Is it possible to "produce" a non-real number without the square root operation? I am trying to prove that various expressions are real valued functions. Is it possible to state that, because no square roots (or variants such as quartic roots etc) are in that function, it is a real valued function?
 A: "Function" is such an incredibly broad notion that it is wholly implausible to give a general answer to this sort of question that isn't something trivial like "Applying a real-valued function always gives a real number".
More meaningful questions need to restrict the scope; for example, one might ask what sort of numbers you can produce by plugging real numbers into the operations of addition, subtraction, multiplication, and division. (where by those words I refer to the usual arithmetic operations) (and, of course, I mean that you only plug in numbers that are in the domain of the operation)
And, in fact, you can only get real numbers by doing so.

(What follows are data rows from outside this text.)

-- ===== src/Turn/Invariant/Manager.antt =====
-- The invariant of the turn manager, through handle_signal
-- (crates/speech-core-daemon/src/detectors/turn.rs).
use speech_core.Base.{
  String, str_eq, str_eq_iff, Option, none, some, List, [], ◌≡◌, refl, sym, ap, subst, ◌∙◌,
  if◌then◌else◌, Bool, true, false, or_else, contains, unwrap_or, arith,
}
use speech_core.Base.Maps.{lookup, insert, remove, lookup-insert, lookup-remove}
use speech_core.Turn.Signals.{
  Ids, DetectorSignal, vad_segment_start, vad_segment_end, vad_speech_presence,
  transcript_token_committed, vad_low_silence, model_eou, semantic_turn_decision,
  vad_acoustic_fallback, TranscriptTokenCommitted,
}
use speech_core.Turn.Events.{Event}
use speech_core.Turn.Local.{Env, Local, M, ok, HelloState, TurnSession, OpenTurn, new_session}
use speech_core.Turn.Manager.{
  TurnManager, unannounced, enter, leave, session_or_new, with_session, handle_token, handle_signal,
}
use speech_core.Turn.Handlers.Token.{on_transcript_token}
use speech_core.Turn.Post.{Post, Post-state}
use speech_core.Turn.Invariant.{IsOrdered, WasStarted, IsLatest, IsCounted, Inv}
use speech_core.Turn.Invariant.Segment.{on_vad_segment_start-Inv, on_vad_segment_end-Inv}
use speech_core.Turn.Invariant.Others.{
  on_vad_speech_presence-Inv, on_vad_low_silence-Inv, on_vad_acoustic_fallback-Inv,
  on_transcript_token-Inv, on_model_eou-Inv, on_semantic_turn_decision-Inv,
}

pub record IsValid (w : TurnManager) : Type 0 where
  pub counted :
      (key : String) (s : TurnSession) → lookup key w.sessions ≡ some s → IsCounted key s w.sent
  pub ordered : IsOrdered w.sent

-- More events keep what holds of a session.
IsLatest-grow :
    (key : String) (s : TurnSession) (before after : List Event) (turn : Option OpenTurn)
    → ((turn_id : String) → WasStarted turn_id before → WasStarted turn_id after)
    → IsLatest key s before turn
    → IsLatest key s after turn
IsLatest-grow key s before after none g h = tt
IsLatest-grow key s before after (some turn) g h = (h.0, h.1, h.2, h.3, h.4, g turn.turn_id h.5)

pub IsCounted-grow :
    {key : String} {s : TurnSession} {before after : List Event}
    → ((turn_id : String) → WasStarted turn_id before → WasStarted turn_id after)
    → IsCounted key s before
    → IsCounted key s after
IsCounted-grow {key} {s} {before} {after} g c = record {
  named = c.named;
  indexed = c.indexed;
  bounded = c.bounded;
  closed_started = c.closed_started;
  latest = IsLatest-grow key s before after s.open_turn g c.latest;
}

some_injective : {A : Type 0} {a b : A} → some a ≡ some b → a ≡ b
some_injective {a = a} e = ap (λ o. unwrap_or o a) e

-- A session that is put under its key is valid, and so are the others.
pub insert-IsCounted :
    (id : String) (s : TurnSession) (sessions : List (String × TurnSession)) (sent : List Event)
    → IsCounted id s sent
    → ((key : String) (t : TurnSession) → lookup key sessions ≡ some t → IsCounted key t sent)
    → (key : String) (t : TurnSession) → lookup key (insert id s sessions) ≡ some t
    → IsCounted key t sent
insert-IsCounted id s sessions sent c others key t e =
    go (str_eq id key) refl (sym (lookup-insert id key s sessions) ∙ e)
  where
    go :
        (b : Bool)
        → str_eq id key ≡ b
        → (if b then some s else lookup key sessions) ≡ some t
        → IsCounted key t sent
    go true q h =
        subst (λ k. IsCounted k t sent) ((str_eq_iff id key).0 q)
          (subst (λ u. IsCounted id u sent) (some_injective h) c)
    go false q h = others key t h

pub remove-IsCounted :
    (id : String) (sessions : List (String × TurnSession)) (sent : List Event)
    → ((key : String) (t : TurnSession) → lookup key sessions ≡ some t → IsCounted key t sent)
    → (key : String) (t : TurnSession) → lookup key (remove id sessions) ≡ some t
    → IsCounted key t sent
remove-IsCounted id sessions sent others key t e =
    go (str_eq id key) (sym (lookup-remove id key sessions) ∙ e)
  where
    go : (b : Bool) → (if b then none else lookup key sessions) ≡ some t → IsCounted key t sent
    go true h = cc
    go false h = others key t h

-- A session that none of the events is about.
pub fresh-IsCounted :
    (key : String) (hello : HelloState) (sent : List Event)
    → hello.stream_session_id ≡ key
    → IsCounted key (new_session hello) sent
unfolding new_session
fresh-IsCounted key hello sent e = record {
  named = e;
  indexed = refl;
  bounded = omega arith;
  closed_started = omega arith;
  latest = tt;
}

session_or_new-IsCounted :
    (ids : Ids) (w : TurnManager)
    → IsValid w
    → IsCounted ids.stream_session_id (session_or_new ids w) w.sent
unfolding session_or_new unannounced
session_or_new-IsCounted ids w v = go (lookup ids.stream_session_id w.sessions) refl
  where
    go :
        (found : Option TurnSession)
        → lookup ids.stream_session_id w.sessions ≡ found
        → IsCounted ids.stream_session_id (unwrap_or found (new_session (unannounced ids))) w.sent
    go none e = fresh-IsCounted ids.stream_session_id (unannounced ids) w.sent refl
    go (some s) e = v.counted ids.stream_session_id s e

pub enter-Inv :
    (key : String) (s : TurnSession) (w : TurnManager)
    → IsCounted key s w.sent
    → IsOrdered w.sent
    → Inv key w.sent (enter s w)
unfolding enter
enter-Inv key s w c o = record { counted = c; ordered = o; grown = λ t h. h }

-- What is done to one session keeps the invariant of the manager.
with_session-IsValid :
    {A : Type 0} (ids : Ids) (m : M A) (w : TurnManager)
    → ((l : Local)
        → Inv ids.stream_session_id w.sent l
        → Post (Inv ids.stream_session_id w.sent) (Inv ids.stream_session_id w.sent) (m l))
    → IsValid w
    → IsValid (with_session ids m w).1
unfolding with_session leave
with_session-IsValid ids m w keeps v = record {
  counted =
      insert-IsCounted ids.stream_session_id after.session w.sessions after.sent i.counted
        λ key t e. IsCounted-grow i.grown (v.counted key t e);
  ordered = i.ordered;
}
  where
    before : Local
    before = enter (session_or_new ids w) w

    after : Local
    after = (m before).1

    i : Inv ids.stream_session_id w.sent after
    i = Post-state (
        keeps before
          (enter-Inv ids.stream_session_id _ w (session_or_new-IsCounted ids w v) v.ordered))

module _ ⦃env : Env⦄ where
  handle_token-IsValid :
      (s : TranscriptTokenCommitted) (w : TurnManager) → IsValid w → IsValid (handle_token s w).1
  unfolding handle_token
  handle_token-IsValid s w v = go (contains s.ids.stream_session_id w.closed_sessions) refl
    where
      drained : TurnManager
      drained = record w { model_drain = or_else w.model_drain (some s.drain_handle) }

      d : IsValid drained
      d = record { counted = v.counted; ordered = v.ordered }

      go :
          (b : Bool)
          → contains s.ids.stream_session_id w.closed_sessions ≡ b
          → IsValid
              (if b then (ok [], drained) else with_session s.ids (on_transcript_token s) drained).1
      go true e = d
      go false e =
          with_session-IsValid s.ids (on_transcript_token s) drained (on_transcript_token-Inv s) d

  pub handle_signal-IsValid :
      (signal : DetectorSignal) (w : TurnManager) → IsValid w → IsValid (handle_signal signal w).1
  unfolding handle_signal
  handle_signal-IsValid (vad_segment_start s) w v =
      with_session-IsValid s.ids _ w (on_vad_segment_start-Inv s) v
  handle_signal-IsValid (vad_segment_end s) w v =
      with_session-IsValid s.ids _ w (on_vad_segment_end-Inv w.config w.model_drain s) v
  handle_signal-IsValid (vad_speech_presence s) w v =
      with_session-IsValid s.ids _ w (on_vad_speech_presence-Inv w.config w.model_drain s) v
  handle_signal-IsValid (transcript_token_committed s) w v = handle_token-IsValid s w v
  handle_signal-IsValid (vad_low_silence s) w v =
      with_session-IsValid s.ids _ w (on_vad_low_silence-Inv w.config s) v
  handle_signal-IsValid (model_eou s) w v =
      with_session-IsValid s.ids _ w (on_model_eou-Inv w.config s) v
  handle_signal-IsValid (semantic_turn_decision s) w v =
      with_session-IsValid s.ids _ w (on_semantic_turn_decision-Inv w.config w.model_drain s) v
  handle_signal-IsValid (vad_acoustic_fallback s) w v =
      with_session-IsValid s.ids _ w (on_vad_acoustic_fallback-Inv w.config s) v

Incidentally, assuming they satisfy the "usual laws of arithmetic" (i.e. the field axioms), the sorts of functions you can produce by using these four arithmetic operations, are called rational functions.
That said, depending on the fine details of exactly what you mean by your question, this particular fact might be just another trivial one, of the form "applying a real-valued function always gives a real number".
This question is more interesting when you ask questions like "what values can I get from rational functions if I only start with rational numbers and $\sqrt{2}$?" (answer: the numbers that can be written in the form $a + b \sqrt{2}$, where $a,b$ are rational numbers)
A: Well, $\sin^{-1} 2 = 1.570796327-1.316957897i$ (for a usual branch.)  I don't know if this counts as using square root.  The series for $\sin^{-1}x$ is found by integrating the series for $1/\sqrt{1-x^2},$ so there's a square root floating around.